Dataset entries
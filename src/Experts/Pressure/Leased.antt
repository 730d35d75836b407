-- ===== src/Experts/Pressure/Leased.antt =====
-- A poll of src/memory/MemoryPressureController.cpp and the leases of the experts.
use hypermoe_engine.Base.{ℕ, ◌≡◌, ◌<◌, Bool, true, false, if◌then◌else◌, some, ltb, arith}
use hypermoe_engine.Base.Word.{add64}
use hypermoe_engine.Base.Outcome.{Outcome, ok, throws}
use hypermoe_engine.Base.Map.{lookup}
use hypermoe_engine.Base.Exec.{Exec, continue, pure, ◌>>=◌}
use hypermoe_engine.Memory.Tier.{Tier, vram, ram}
use hypermoe_engine.Memory.Manager.{usage_for}
use hypermoe_engine.Cache.Policy.{CachePolicy}
use hypermoe_engine.Experts.State.{ManagedExpert, key}
use hypermoe_engine.Experts.Leases.{SamePlace, Follows, Follows-refl, Follows-trans}
use hypermoe_engine.Experts.Leases.Operations.{evict-Safe}
use hypermoe_engine.Experts.Pressure.{
  MemoryPressureController, count_event, evict, relieve, relieve_both, look_at_queue, poll,
  target_of, used_bytes,
}

module _ (P : CachePolicy) where
  -- The experts after the call follow those before it, whatever comes of it.
  Careful : {A : Type 0} → Exec (MemoryPressureController P) A → Type 0
  Careful call = (c : MemoryPressureController P) → Follows c.experts (call c).1.experts

  bind-Careful :
      {A B : Type 0} (call : Exec (MemoryPressureController P) A)
      (next : A → Exec (MemoryPressureController P) B)
      → Careful call
      → ((a : A) → Careful (next a))
      → Careful (call >>= next)
  unfolding Careful
  bind-Careful {A} {B} call next k h c = after (call c).0 (call c).1 (k c)
    where
      after :
          (r : Outcome A) (d : MemoryPressureController P)
          → Follows c.experts d.experts
          → Follows c.experts (continue {S = MemoryPressureController P} {B = B} r next d).1.experts
      after (ok a) d f = Follows-trans c.experts d.experts _ f (h a d)
      after (throws x) d f = f

  evict-Careful : (tier : Tier) (target : ℕ) → Careful (evict {P = P} tier target)
  unfolding Careful evict
  evict-Careful tier target c = (evict-Safe tier target).at c.experts tt

  relieve-Careful : (tier : Tier) (target : ℕ) → Careful (relieve {P = P} tier target)
  unfolding Careful relieve
  relieve-Careful tier target c =
      either (ltb target (used_bytes tier c)) _ _
        (bind-Careful (evict tier target) (λ n. pure (true, n)) (evict-Careful tier target)
          (λ n d. Follows-refl d.experts) (record c { stats = count_event tier c.stats }))
        (Follows-refl c.experts)
    where
      either :
          (b : Bool) (x y : Outcome (Bool × ℕ) × MemoryPressureController P)
          → Follows c.experts x.1.experts
          → Follows c.experts y.1.experts
          → Follows c.experts (if b then x else y).1.experts
      either true x y f g = f
      either false x y f g = g

  look_at_queue-Careful : (pending : ℕ) → Careful (look_at_queue {P = P} pending)
  unfolding Careful look_at_queue
  look_at_queue-Careful pending c = ground (arith, Follows-refl c.experts)

  relieve_both-Careful : (v r pending : ℕ) → Careful (relieve_both {P = P} v r pending)
  unfolding relieve_both Careful
  relieve_both-Careful v r pending = bind-Careful (relieve vram v) _ (relieve-Careful vram v) (λ a.
      bind-Careful (relieve ram r) _ (relieve-Careful ram r) (λ b.
        bind-Careful (look_at_queue pending) _ (look_at_queue-Careful pending)
          (λ q d. Follows-refl d.experts)))

  -- A poll of the memory pressure, whether it returns or an eviction throws, leaves an expert that a
  -- lease holds in its tier, with its reservation, its buffers and its leases.
  pub poll-leased :
      (c : MemoryPressureController P) (pending layer id : ℕ) (e : ManagedExpert)
      → lookup (key layer id) c.experts.experts ≡ some e
      → 0 < e.residency_leases
      → (e' : ManagedExpert) × (lookup (key layer id) (poll pending c).1.experts.experts ≡ some e')
        × (e'.residency_leases ≡ e.residency_leases)
        × SamePlace e e'
  unfolding poll Careful
  poll-leased c pending layer id e here held =
      let (e', there, x) =
        (relieve_both-Careful
            (target_of (usage_for c.experts.memory vram) c.config.vram_safety_margin_bytes)
            (target_of (usage_for c.experts.memory ram) c.config.ram_safety_margin_bytes) pending
            (record c { stats = record c.stats { polls = add64 c.stats.polls 1 } })).at
          (key layer id) e here in
      (e', there, x.leases, x.held held)
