-- ===== src/Memory/Manager/Calls.antt =====
-- What a client of the memory manager may rely on, over single calls and over whole histories.
use hypermoe_engine.Base.{
  ℕ, ◌+◌, ◌-◌, ◌≤◌, ◌<◌, ◌≡◌, refl, inl, inr, true, false, Option, some, List, [], ◌∷◌, arith,
  length, Option-cases, ==_refl,
}
use hypermoe_engine.Base.Word.{modulus64}
use hypermoe_engine.Base.Outcome.{Outcome, ok, throws}
use hypermoe_engine.Base.Map.{lookup, emplace-none, erase-emplace, lookup-erase_self, total}
use hypermoe_engine.Memory.Tier.{Tier, vram}
use hypermoe_engine.Memory.Manager.{
  Allocation, MemoryManager, init, usage_for, reserved, reserve, allocate, released, release,
}
use hypermoe_engine.Memory.Manager.Accounting.{
  Inv, init-Inv, allocate-Inv, release-Inv, available_lem, vram_bytes, ram_bytes,
}

-- A call of a client.
pub data Call : Type 0 where
  allocates : Tier → ℕ → Call
  releases : ℕ → Call

-- A call that throws leaves the manager as it was.
abbrev after : MemoryManager → Outcome (Option Allocation × MemoryManager) → MemoryManager
after m (ok r) = r.1
after m (throws e) = m

unfoldable pub step : MemoryManager → Call → MemoryManager
step m (allocates tier size) = after m (allocate m tier size)
step m (releases id) = (release m id).0

unfoldable pub run : MemoryManager → List Call → MemoryManager
unfolding step
run m [] = m
run m (c ∷ cs) = run (step m c) cs

after_keeps {ℓ} :
    (P : MemoryManager → Type ℓ) (m : MemoryManager)
    (o : Outcome (Option Allocation × MemoryManager))
    → P m
    → ((r : Option Allocation × MemoryManager) → o ≡ ok r → P r.1)
    → P (after m o)
after_keeps P m (ok r) p k = k r refl
after_keeps P m (throws e) p k = p

step-Inv : (m : MemoryManager) (c : Call) → Inv m → m.next_id + 1 < modulus64 → Inv (step m c)
unfolding step
step-Inv m (allocates tier size) v room =
    after_keeps Inv m (allocate m tier size) v λ r e. allocate-Inv m tier size v room e
step-Inv m (releases id) v room = release-Inv m id v

-- What a call leaves alone: the limits, and all but one id.
record Grows (m n : MemoryManager) : Type 0 where
  vram_limit : n.vram_usage.limit_bytes ≡ m.vram_usage.limit_bytes
  ram_limit : n.ram_usage.limit_bytes ≡ m.ram_usage.limit_bytes
  ids : n.next_id ≤ m.next_id + 1

reserved-Grows : (m : MemoryManager) (t : Tier) (size : ℕ) → Grows m (reserved m t size)
unfolding reserved
reserved-Grows m vram size = record { vram_limit = refl; ram_limit = refl; ids = omega arith }
reserved-Grows m _ size = record { vram_limit = refl; ram_limit = refl; ids = omega arith }

released-Grows : (m : MemoryManager) (id : ℕ) (t : Tier) (size : ℕ) → Grows m (released m id t size)
unfolding released
released-Grows m id vram size = record { vram_limit = refl; ram_limit = refl; ids = omega arith }
released-Grows m id _ size = record { vram_limit = refl; ram_limit = refl; ids = omega arith }

step-Grows : (m : MemoryManager) (c : Call) → Grows m (step m c)
unfolding step allocate reserve release
step-Grows m (allocates tier size) = ground (arith, reserved-Grows m tier size)
step-Grows m (releases id) = elim (Option-cases (lookup id m.allocations)) [
  | inl e ↦ rw (e, step, release) record { vram_limit = refl; ram_limit = refl; ids = omega arith }
  | inr (a, e) ↦ rw (e, step, release) (released-Grows m id a.tier a.size_bytes)
]

run-Inv :
    (m : MemoryManager) (cs : List Call)
    → Inv m
    → m.next_id + length cs < modulus64
    → Inv (run m cs)
unfolding run
run-Inv m [] v h = v
run-Inv m (c ∷ cs) v h =
    run-Inv (step m c) cs (step-Inv m c v (omega arith)) (omega (arith, (step-Grows m c).ids))

limits-run :
    (m : MemoryManager) (cs : List Call)
    → ((run m cs).vram_usage.limit_bytes ≡ m.vram_usage.limit_bytes)
      × ((run m cs).ram_usage.limit_bytes ≡ m.ram_usage.limit_bytes)
unfolding run
limits-run m [] = (refl, refl)
limits-run m (c ∷ cs) = ground (arith, step-Grows m c, limits-run (step m c) cs)

-- After any history of fewer than 2^64 - 1 calls on a new manager the bytes in use in each tier are
-- the sum of its live allocations, and at most the limit that the constructor was given.
pub history_accounted :
    (v r : ℕ) (cs : List Call)
    → v < modulus64
    → r < modulus64
    → 1 + length cs < modulus64
    → let m = run (init v r) cs in
      (m.vram_usage.used_bytes ≡ total vram_bytes m.allocations)
      × (m.ram_usage.used_bytes ≡ total ram_bytes m.allocations)
      × (m.vram_usage.used_bytes ≤ v)
      × (m.ram_usage.used_bytes ≤ r)
unfolding init
history_accounted v r cs hv hr h =
    let i = run-Inv (init v r) cs (init-Inv v r hv hr) (omega arith) in
    let l = limits-run (init v r) cs in (i.vram_sum, i.ram_sum, omega arith, omega arith)

used_back :
    (m : MemoryManager) (t : Tier) (size : ℕ)
    → Inv m
    → m.next_id + 1 < modulus64
    → size ≤ (usage_for m t).limit_bytes - (usage_for m t).used_bytes
    → released (reserved m t size) m.next_id t size ≡ record m { next_id = m.next_id + 1 }
unfolding reserved released
used_back m vram size v room h =
    let back =
      erase-emplace m.next_id (record { id = m.next_id; tier = vram; size_bytes = size })
        m.allocations (v.fresh m.next_id (omega arith)) in
    ground (arith, back)
used_back m tier size v room h =
    let back =
      erase-emplace m.next_id (record { id = m.next_id; tier = tier; size_bytes = size })
        m.allocations (v.fresh m.next_id (omega arith)) in
    ground (arith, back)

found :
    (m : MemoryManager) (t : Tier) (size : ℕ)
    → Inv m
    → lookup m.next_id (reserved m t size).allocations
      ≡ some (record { id = m.next_id; tier = t; size_bytes = size })
unfolding reserved lookup
found m vram size v =
    rw (emplace-none m.next_id _ m.allocations (v.fresh m.next_id (omega arith)), ==_refl m.next_id)
found m _ size v =
    rw (emplace-none m.next_id _ m.allocations (v.fresh m.next_id (omega arith)), ==_refl m.next_id)

-- Giving back what was just reserved restores the manager but for the id that was used up.
pub release-allocate :
    (m m' : MemoryManager) (tier : Tier) (size : ℕ) (a : Allocation)
    → Inv m
    → m.next_id + 1 < modulus64
    → allocate m tier size ≡ ok (some a, m')
    → release m' a.id ≡ (record m { next_id = m.next_id + 1 }, true)
unfolding allocate reserve release
release-allocate m m' tier size a v room e =
    ground (arith, available_lem m tier v, used_back m tier size v room, found m tier size v)

-- A second release of one id is refused, and changes nothing.
pub release_twice :
    (m : MemoryManager) (id : ℕ) → release (release m id).0 id ≡ ((release m id).0, false)
unfolding release released
release_twice m id = ground (arith, lookup-erase_self id m.allocations)
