-- ===== src/Experts/Failures.antt =====
-- What a failed transfer leaves behind, when the destination tier has room.
use hypermoe_engine.Base.{
  ℕ, suc, ◌+◌, ◌-◌, ◌≤◌, ◌<◌, ◌≡◌, refl, ap, Bool, false, Option, some, List, [], ◌∷◌, arith,
}
use hypermoe_engine.Base.Word.{modulus64}
use hypermoe_engine.Base.Exec.{continue}
use hypermoe_engine.Base.Outcome.{Error, Outcome, ok, throws, ◌>>=◌}
use hypermoe_engine.Base.Map.{lookup}
use hypermoe_engine.Memory.Tier.{Tier, vram, ram, nvme, same}
use hypermoe_engine.Memory.Manager.{MemoryManager, usage_for, reserved}
use hypermoe_engine.Memory.Manager.Accounting.{Inv, available_lem, allocate-roomy}
use hypermoe_engine.Memory.Manager.Calls.{release-allocate}
use hypermoe_engine.Cache.Policy.{CachePolicy}
use hypermoe_engine.Experts.State.{
  ManagedExpert, ExpertManager, TransferResult, Transfers, M, key, require_expert, give_back,
}
use hypermoe_engine.Experts.Steps.{
  Done, granted_or, granted, reserve_memory, transfer, guarded, or_give_back, uploaded,
}
use hypermoe_engine.Experts.Moves.{
  Move, Room, load_request, upload_request, direct_load, relocate, move_on, move_by, move_warm,
  move_from, move_body, make_room, room_loop, move_expert, fetch,
}
use hypermoe_engine.Experts.Operations.{move, move_locked}

-- The tier has room for `n` bytes without an eviction.
abbrev pub HasRoom : MemoryManager → Tier → ℕ → Type 0
HasRoom m t n = n ≤ (usage_for m t).limit_bytes - (usage_for m t).used_bytes

module _ {P : CachePolicy} where
  pub make_room-roomy :
      (move : Move P) (t : Tier) (n : ℕ) (pinned : List ℕ) (s : ExpertManager P)
      → Inv s.memory
      → HasRoom s.memory t n
      → make_room move t n pinned s ≡ (ok tt, s)
  unfolding make_room room_loop
  make_room-roomy move t n pinned s v h = ground (arith, available_lem s.memory t v)

  pub reserve-roomy :
      (t : Tier) (n : ℕ) (s : ExpertManager P)
      → Inv s.memory
      → HasRoom s.memory t n
      → same t nvme ≡ false
      → 0 < n
      → reserve_memory t n s ≡ (
        ok (record { id = s.memory.next_id; tier = t; size_bytes = n }),
        record s { memory = reserved s.memory t n },
      )
  unfolding reserve_memory granted_or granted
  reserve-roomy t n s v h warm some_bytes =
      rw (allocate-roomy s.memory t n v h warm some_bytes, reserve_memory)

module _ {P : CachePolicy} where
  move_warm_wired :
      (t : Transfers) (room : Room P) (layer id : ℕ) (e : ManagedExpert) (to : Tier)
      (pinned : List ℕ) (s : ExpertManager P)
      → s.transfers ≡ some t
      → move_warm room layer id e to pinned s ≡ move_by (some t) room layer id e to pinned s
  unfolding move_warm
  move_warm_wired t room layer id e to pinned s h =
      ap (λ (o : Option Transfers). move_by o room layer id e to pinned s) h

  move_from_cold :
      (t : Transfers) (room : Room P) (again : Tier → M P Done) (layer id : ℕ) (e : ManagedExpert)
      (pinned : List ℕ) (s : ExpertManager P)
      → s.transfers ≡ some t
      → e.metadata.location ≡ nvme
      → e.residency_leases ≡ 0
      → move_from room again layer id e ram pinned s ≡ direct_load t room layer id pinned s
  unfolding move_from move_by same
  move_from_cold t room again layer id e pinned s h cold free =
      simp (move_from, move_by, cold, free, move_warm_wired t room layer id e ram pinned s h)

  move_from_warm :
      (t : Transfers) (room : Room P) (again : Tier → M P Done) (layer id : ℕ) (e : ManagedExpert)
      (pinned : List ℕ) (s : ExpertManager P)
      → s.transfers ≡ some t
      → e.metadata.location ≡ ram
      → e.residency_leases ≡ 0
      → move_from room again layer id e vram pinned s ≡ relocate room layer id ram vram pinned s
  unfolding move_from move_by move_on same
  move_from_warm t room again layer id e pinned s h warm free =
      simp
        (move_from, move_by, move_on, warm, free, move_warm_wired t room layer id e vram pinned s h)

  guarded_throws :
      {A : Type 0} (n : ℕ) (m : M P A) (x : Error) (s s' : ExpertManager P)
      → m s ≡ (throws x, s')
      → guarded n m s ≡ (throws x, give_back n s')
  unfolding guarded or_give_back
  guarded_throws n m x s s' h = rw (h, guarded, or_give_back) refl

  -- What the checks on a finished upload make of the answer.
  answered :
      (r : Outcome TransferResult) (x : Error) (s : ExpertManager P)
      → (r >>= uploaded) ≡ throws x
      → continue r (λ (a : TransferResult) (s : ExpertManager P). (uploaded a, s)) s ≡ (throws x, s)
  answered (throws y) x s h = cc
  answered (ok r) x s h = cc

  fetch-upload_throws :
      (t : Transfers) (id : ℕ) (e : ManagedExpert) (x : Error) (s : ExpertManager P)
      → s.transfers ≡ some t
      → (t.submit s.submitted (upload_request e id) >>= uploaded) ≡ throws x
      → fetch e ram vram id s ≡ (throws x, record s { submitted = suc s.submitted })
  unfolding fetch transfer same
  fetch-upload_throws t id e x s h fails =
      simp (fetch, h, transfer)
        (answered (t.submit s.submitted (upload_request e id)) x
          (record s { transfers = some t; submitted = suc s.submitted }) fails)

  -- A reservation that is given back leaves its id used up.
  give_back-reserved :
      (tier : Tier) (n : ℕ) (s : ExpertManager P)
      → Inv s.memory
      → s.memory.next_id + 1 < modulus64
      → HasRoom s.memory tier n
      → same tier nvme ≡ false
      → 0 < n
      → give_back s.memory.next_id (record s { memory = reserved s.memory tier n })
        ≡ record s { memory = record s.memory { next_id = s.memory.next_id + 1 } }
  unfolding give_back
  give_back-reserved tier n s v word roomy warm some_bytes =
      let back =
        release-allocate s.memory _ tier n _ v word
          (allocate-roomy s.memory tier n v roomy warm some_bytes) in
      ap (λ (p : MemoryManager × Bool). record s { memory = p.0 }) back

module _ {P : CachePolicy} (s : ExpertManager P) (layer id : ℕ) (e : ManagedExpert) (x : Error)
    (here : lookup (key layer id) s.experts ≡ some e) (valid : Inv s.memory)
    (sized : 0 < e.metadata.size_bytes) where
  direct_load_throws :
      (t : Transfers) (room : Room P) (pinned : List ℕ)
      → HasRoom s.memory ram e.metadata.size_bytes
      → room ram e.metadata.size_bytes pinned s ≡ (ok tt, s)
      → t.submit s.submitted (load_request e id) ≡ throws x
      → direct_load t room layer id pinned s ≡ (
        throws x,
        record s {
          memory = reserved s.memory ram e.metadata.size_bytes;
          submitted = suc s.submitted;
        },
      )
  unfolding direct_load require_expert transfer same
  direct_load_throws t room pinned roomy made fails = rw (
    direct_load,
    require_expert,
    here,
    made,
    require_expert,
    here,
    reserve-roomy ram e.metadata.size_bytes s valid roomy refl sized,
    transfer,
    fails,
  )

  -- A move from NVMe to RAM, in a valid memory manager, of an expert of nonzero size that no lease
  -- holds, where RAM has room for it without an eviction and the transfer service throws for the
  -- load: the move throws the same exception, and right after it RAM holds a new reservation of the
  -- size of the expert, a submission number is used up, and nothing else has changed: the expert is
  -- as it was, on NVMe.
  pub move-load_throws :
      (t : Transfers)
      → HasRoom s.memory ram e.metadata.size_bytes
      → s.transfers ≡ some t
      → e.metadata.location ≡ nvme
      → e.residency_leases ≡ 0
      → t.submit s.submitted (load_request e id) ≡ throws x
      → move layer id ram s ≡ (
        throws x,
        record s {
          memory = reserved s.memory ram e.metadata.size_bytes;
          submitted = suc s.submitted;
        },
      )
  unfolding move move_locked move_expert move_body move_from move_warm move_by require_expert same
  move-load_throws t roomy wired cold free fails =
      rw
        (
          move,
          require_expert,
          here,
          move_locked,
          move_expert,
          move_body,
          require_expert,
          here,
          move_from_cold t (make_room (move_expert 3))
              (λ u. move_expert 3 layer id u (e.policy_id ∷ [])) layer id e (e.policy_id ∷ []) s
              wired cold free,
        )
        (direct_load_throws t (make_room (move_expert 3)) (e.policy_id ∷ []) roomy
          (make_room-roomy (move_expert 3) ram e.metadata.size_bytes (e.policy_id ∷ []) s valid
            roomy)
          fails)

  relocate-upload_throws :
      (t : Transfers) (room : Room P) (pinned : List ℕ)
      → HasRoom s.memory vram e.metadata.size_bytes
      → s.memory.next_id + 1 < modulus64
      → s.transfers ≡ some t
      → room vram e.metadata.size_bytes pinned s ≡ (ok tt, s)
      → (t.submit s.submitted (upload_request e id) >>= uploaded) ≡ throws x
      → relocate room layer id ram vram pinned s ≡ (
        throws x,
        record s {
          memory = record s.memory { next_id = s.memory.next_id + 1 };
          submitted = suc s.submitted;
        },
      )
  unfolding relocate
  relocate-upload_throws t room pinned roomy word wired made fails =
      let taken : ExpertManager P = record s {
        memory = reserved s.memory vram e.metadata.size_bytes;
      } in
      let thrown = fetch-upload_throws t id e x taken wired fails in
      rw
        (
          require_expert,
          here,
          made,
          require_expert,
          here,
          reserve-roomy vram e.metadata.size_bytes s valid roomy refl sized,
          guarded_throws s.memory.next_id (fetch e ram vram id) x taken _ thrown,
        )
        (ap (λ (r : ExpertManager P). (throws x, record r { submitted = suc s.submitted }))
          (give_back-reserved vram e.metadata.size_bytes s valid word roomy refl sized))

  -- A move from RAM to VRAM, in a valid memory manager whose ids have not run out, of an expert of
  -- nonzero size that no lease holds, where VRAM has room for it without an eviction and there is a
  -- transfer service whose upload throws, is cancelled or brings no buffer: the move throws the
  -- exception of the upload, or that of the check on its answer, and gives its reservation back: an
  -- allocation id and a submission number are used up, and nothing else has changed.
  pub move-upload_throws :
      (t : Transfers)
      → HasRoom s.memory vram e.metadata.size_bytes
      → s.memory.next_id + 1 < modulus64
      → s.transfers ≡ some t
      → e.metadata.location ≡ ram
      → e.residency_leases ≡ 0
      → (t.submit s.submitted (upload_request e id) >>= uploaded) ≡ throws x
      → move layer id vram s ≡ (
        throws x,
        record s {
          memory = record s.memory { next_id = s.memory.next_id + 1 };
          submitted = suc s.submitted;
        },
      )
  unfolding move move_locked
  move-upload_throws t roomy word wired warm free fails =
      rw
        (
          move,
          require_expert,
          here,
          move_locked,
          move_expert,
          move_body,
          require_expert,
          here,
          move_from_warm t (make_room (move_expert 3))
              (λ u. move_expert 3 layer id u (e.policy_id ∷ [])) layer id e (e.policy_id ∷ []) s
              wired warm free,
        )
        (relocate-upload_throws t (make_room (move_expert 3)) (e.policy_id ∷ []) roomy word wired
          (make_room-roomy (move_expert 3) vram e.metadata.size_bytes (e.policy_id ∷ []) s valid
            roomy)
          fails)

» **PROBLEM TO SOLVE**
Start with the line above that contains "relieve_both-Careful : (v" and stop after the line that contains "c).1.experts.experts ≡ some e')". Output those lines exactly, and only those.

» **RESPONSE AREA**
  relieve_both-Careful : (v r pending : ℕ) → Careful (relieve_both {P = P} v r pending)
  unfolding relieve_both Careful
  relieve_both-Careful v r pending = bind-Careful (relieve vram v) _ (relieve-Careful vram v) (λ a.
      bind-Careful (relieve ram r) _ (relieve-Careful ram r) (λ b.
        bind-Careful (look_at_queue pending) _ (look_at_queue-Careful pending)
          (λ q d. Follows-refl d.experts)))

  -- A poll of the memory pressure, whether it returns or an eviction throws, leaves an expert that a
  -- lease holds in its tier, with its reservation, its buffers and its leases.
  pub poll-leased :
      (c : MemoryPressureController P) (pending layer id : ℕ) (e : ManagedExpert)
      → lookup (key layer id) c.experts.experts ≡ some e
      → 0 < e.residency_leases
      → (e' : ManagedExpert) × (lookup (key layer id) (poll pending c).1.experts.experts ≡ some e')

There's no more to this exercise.